YOUR ASSIGNMENT:
Using the entries below, write out the line with "all_approved_snoc [] s d p = ground arith", the line with "(done ++ rest) ≡ false", and every line in between, exactly as each is written.

[[ PROVIDED DATA open ]]

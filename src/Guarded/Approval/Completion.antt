-- ===== src/Guarded/Approval/Completion.antt =====
-- A request that every approver approves, in the order of its steps, ends approved.
use mathlib.Core.List.{append_assoc}
use gpuopt.Base.{
  ℕ, ◌+◌, String, true, false, not, ◌≡◌, refl, ◌∙◌, sym, ap, Option, some, List, [], ◌∷◌, ◌++◌, all,
  any, arith, string_eq, eq_iff, beq_refl,
}
use gpuopt.Base.Dict.{lookup, lookup-insert}
use gpuopt.Guarded.Approval.{
  Uuid, pending, approved, is_pending, ApprovalStep, ApprovalRecord, Approvals,
  ApprovalWorkflowRequest, effective_approvers, initial_steps, mark_step, settle, save_approval,
  create_request, approve, decide, number_steps, new_step,
}
use gpuopt.Guarded.Approval.Steps.{
  step_pending, step_approved, step_rejected, approvers, initial_steps-approvers,
}
use gpuopt.Guarded.Approval.Runs.{approval, apply_decision, apply_decisions, Decision}

abbrev approve_step : ℕ → String → ApprovalStep → ApprovalStep
approve_step now why s = record s { status = approved; decided_at = some now; reason = why }

-- The first pending step behind approved ones is the one that its approver marks.
mark_step_next :
    (now : ℕ) (why : String) (done rest : List ApprovalStep) (s : ApprovalStep)
    → all step_approved done ≡ true
    → step_pending s ≡ true
    → mark_step approved s.approver now why (done ++ s ∷ rest)
      ≡ some (done ++ approve_step now why s ∷ rest)
unfolding mark_step
mark_step_next now why [] rest s d p = rw (beq_refl s.approver, p)
mark_step_next now why (x ∷ done) rest s d p = grind (arith, mark_step_next now why done rest s)

all_approved_snoc :
    (done : List ApprovalStep) (s : ApprovalStep)
    → all step_approved done ≡ true
    → step_approved s ≡ true
    → all step_approved (done ++ s ∷ []) ≡ true
all_approved_snoc [] s d p = ground arith
all_approved_snoc (x ∷ done) s d p = ground (arith, all_approved_snoc done s)

all_decided_approved :
    (done : List ApprovalStep)
    → all step_approved done ≡ true
    → all (λ s. not (step_pending s)) done ≡ true
all_decided_approved [] d = refl
all_decided_approved (x ∷ done) d = ground (arith, all_decided_approved done)

undecided_while_pending :
    (done rest : List ApprovalStep) (s : ApprovalStep)
    → step_pending s ≡ true
    → all (λ s. not (step_pending s)) (done ++ s ∷ rest) ≡ false
undecided_while_pending [] rest s p = ground arith
undecided_while_pending (x ∷ done) rest s p = ground (arith, undecided_while_pending done rest s)

pending_none_rejected :
    (rest : List ApprovalStep) → all step_pending rest ≡ true → any step_rejected rest ≡ false
pending_none_rejected [] p = refl
pending_none_rejected (x ∷ rest) p = ground (arith, pending_none_rejected rest)

progress_none_rejected :
    (done rest : List ApprovalStep)
    → all step_approved done ≡ true
    → all step_pending rest ≡ true
    → any step_rejected (done ++ rest) ≡ false
progress_none_rejected [] rest d p = pending_none_rejected rest p
progress_none_rejected (x ∷ done) rest d p = ground (arith, progress_none_rejected done rest)

settle_waits :
    (now : ℕ) (why : String) (r : ApprovalRecord) (done rest : List ApprovalStep) (s : ApprovalStep)
    → all step_approved done ≡ true
    → all step_pending (s ∷ rest) ≡ true
    → r.steps ≡ done ++ s ∷ rest
    → settle now why r ≡ r
unfolding settle
settle_waits now why r done rest s d p e =
    ground (arith, progress_none_rejected done (s ∷ rest) d p, undecided_while_pending done rest s)

settle_completes :
    (now : ℕ) (why : String) (r : ApprovalRecord)
    → all step_approved r.steps ≡ true
    → (settle now why r).status ≡ approved
unfolding settle
settle_completes now why r d = ground (arith, all_decided_approved r.steps)

-- The record under `k` is pending: the steps `done` are approved and the steps `rest` wait.
record InProgress (k : Uuid) (rest : List ApprovalStep) (db : Approvals) : Type 0 where
  at : ApprovalRecord
  found : lookup k db ≡ some at
  under : at.id ≡ k
  open_status : at.status ≡ pending
  done : List ApprovalStep
  split : at.steps ≡ done ++ rest
  done_approved : all step_approved done ≡ true
  rest_pending : all step_pending rest ≡ true

-- What `approve` does when the next approver calls it.
approve_next :
    (k : Uuid) (why : String) (now : ℕ) (s : ApprovalStep) (rest : List ApprovalStep)
    (db : Approvals) (w : InProgress k (s ∷ rest) db)
    → (approve k s.approver why now db).1
      ≡ save_approval
          (settle now why (record w.at { steps = w.done ++ approve_step now why s ∷ rest }))
          db
unfolding approve decide
approve_next k why now s rest db w =
    let m : mark_step approved s.approver now why w.at.steps
        ≡ some (w.done ++ approve_step now why s ∷ rest) =
      rw w.split (mark_step_next now why w.done rest s w.done_approved (ground arith)) in
    let p : is_pending w.at.status ≡ true = ap is_pending w.open_status in
    rw (w.found, decide) (rw (p, decide) (rw (m, decide) refl))

lookup-save_approval :
    (c : ApprovalRecord) (k : Uuid) (db : Approvals)
    → c.id ≡ k
    → lookup k (save_approval c db) ≡ some (record c { cluster_name = "" })
unfolding save_approval
lookup-save_approval c k db e =
    grind (arith, lookup-insert c.id k (record c { cluster_name = "" }) db, eq_iff c.id k)

settle_id : (now : ℕ) (why : String) (r : ApprovalRecord) → (settle now why r).id ≡ r.id
unfolding settle
settle_id now why r = ground arith

module _ (k : Uuid) (why : String) (now : ℕ) (s : ApprovalStep) (db : Approvals) where
  approve_next-InProgress :
      (next : ApprovalStep) (rest : List ApprovalStep)
      → InProgress k (s ∷ next ∷ rest) db
      → InProgress k (next ∷ rest) (approve k s.approver why now db).1
  approve_next-InProgress next rest w =
      let marked : List ApprovalStep = w.done ++ approve_step now why s ∷ next ∷ rest in
      let moved : ApprovalRecord = record w.at { steps = marked } in
      let split : marked ≡ (w.done ++ approve_step now why s ∷ []) ++ next ∷ rest =
        sym (append_assoc w.done (approve_step now why s ∷ []) (next ∷ rest)) in
      let approved_now : all step_approved (w.done ++ approve_step now why s ∷ []) ≡ true =
        all_approved_snoc w.done (approve_step now why s) w.done_approved refl in
      let waiting : all step_pending (next ∷ rest) ≡ true = ground (arith, w.rest_pending) in
      let stays : settle now why moved ≡ moved =
        settle_waits now why moved (w.done ++ approve_step now why s ∷ []) rest next approved_now
          waiting split in
      record {
        at = record moved { cluster_name = "" };
        found =
            rw (approve_next k why now s (next ∷ rest) db w)
              (rw stays (lookup-save_approval moved k db w.under));
        under = w.under;
        open_status = w.open_status;
        done = w.done ++ approve_step now why s ∷ [];
        split = split;
        done_approved = approved_now;
        rest_pending = waiting;
      }

  approve_last :
      InProgress k (s ∷ []) db
      → (r : ApprovalRecord) × (lookup k (approve k s.approver why now db).1 ≡ some r)
        × (r.status ≡ approved)
  approve_last w =
      let moved : ApprovalRecord = record w.at { steps = w.done ++ approve_step now why s ∷ [] } in
      (
        record (settle now why moved) { cluster_name = "" },
        rw (approve_next k why now s [] db w)
            (lookup-save_approval (settle now why moved) k db (settle_id now why moved ∙ w.under)),
        settle_completes now why moved
            (all_approved_snoc w.done (approve_step now why s) w.done_approved refl),
      )

pub approvals : Uuid → String → ℕ → List String → List Decision
approvals k why now [] = []
approvals k why now (who ∷ rest) = approval k who why now ∷ approvals k why now rest

approve_rest :
    (k : Uuid) (why : String) (now : ℕ) (s : ApprovalStep) (rest : List ApprovalStep)
    (db : Approvals)
    → InProgress k (s ∷ rest) db
    → (r : ApprovalRecord) × (lookup k
          (apply_decisions (approvals k why now (approvers (s ∷ rest))) db)
        ≡ some r)
      × (r.status ≡ approved)
unfolding approvals apply_decisions apply_decision
approve_rest k why now s [] db w = approve_last k why now s db w
approve_rest k why now s (next ∷ rest) db w =
    approve_rest k why now next rest (approve k s.approver why now db).1
      (approve_next-InProgress k why now s db next rest w)

number_steps_pending : (i : ℕ) (who : List String) → all step_pending (number_steps i who) ≡ true
unfolding number_steps
number_steps_pending i [] = refl
number_steps_pending i (w ∷ rest) = number_steps_pending (i + 1) rest

initial_steps_shape :
    (who : List String)
    → (s : ApprovalStep) × (rest : List ApprovalStep) × (initial_steps who ≡ s ∷ rest)
      × (all step_pending (s ∷ rest) ≡ true)
unfolding initial_steps number_steps
initial_steps_shape [] = (new_step 1 "default_approver", [], refl, refl)
initial_steps_shape (w ∷ rest) =
    (new_step 1 w, number_steps 1 rest, refl, number_steps_pending 1 rest)

-- After a new request, on any table, approvals by its approvers in order (by the default approver,
-- if it requires none) leave its record approved.
pub approve_all :
    (get_cluster : Uuid → Option String) (fresh fresh_cluster : Uuid) (now : ℕ)
    (request : ApprovalWorkflowRequest) (db : Approvals) (why : String) (later : ℕ)
    → let created = (create_request get_cluster fresh fresh_cluster now request db).1 in
      (r : ApprovalRecord) × (lookup fresh (
          apply_decisions
            (approvals fresh why later (effective_approvers request.required_approvers))
            created)
        ≡ some r)
      × (r.status ≡ approved)
unfolding create_request
approve_all get_cluster fresh fresh_cluster now request db why later =
    let (r, created) = create_request get_cluster fresh fresh_cluster now request db in
    let (s, rest, shape, waiting) = initial_steps_shape request.required_approvers in
    let named : approvers (s ∷ rest) ≡ effective_approvers request.required_approvers =
      ap approvers (sym shape) ∙ initial_steps-approvers request.required_approvers in
    rw (← named) (
      approve_rest fresh why later s rest created (record {
        at = record r { cluster_name = "" };
        found = lookup-save_approval r fresh db refl;
        under = refl;
        open_status = refl;
        done = [];
        split = shape;
        done_approved = refl;
        rest_pending = waiting;
      }))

[[ PROVIDED DATA closed ]]

RESULT:
all_approved_snoc [] s d p = ground arith
all_approved_snoc (x ∷ done) s d p = ground (arith, all_approved_snoc done s)

all_decided_approved :
    (done : List ApprovalStep)
    → all step_approved done ≡ true
    → all (λ s. not (step_pending s)) done ≡ true
all_decided_approved [] d = refl
all_decided_approved (x ∷ done) d = ground (arith, all_decided_approved done)

undecided_while_pending :
    (done rest : List ApprovalStep) (s : ApprovalStep)
    → step_pending s ≡ true
    → all (λ s. not (step_pending s)) (done ++ s ∷ rest) ≡ false
undecided_while_pending [] rest s p = ground arith
undecided_while_pending (x ∷ done) rest s p = ground (arith, undecided_while_pending done rest s)

pending_none_rejected :
    (rest : List ApprovalStep) → all step_pending rest ≡ true → any step_rejected rest ≡ false
pending_none_rejected [] p = refl
pending_none_rejected (x ∷ rest) p = ground (arith, pending_none_rejected rest)

progress_none_rejected :
    (done rest : List ApprovalStep)
    → all step_approved done ≡ true
    → all step_pending rest ≡ true
    → any step_rejected (done ++ rest) ≡ false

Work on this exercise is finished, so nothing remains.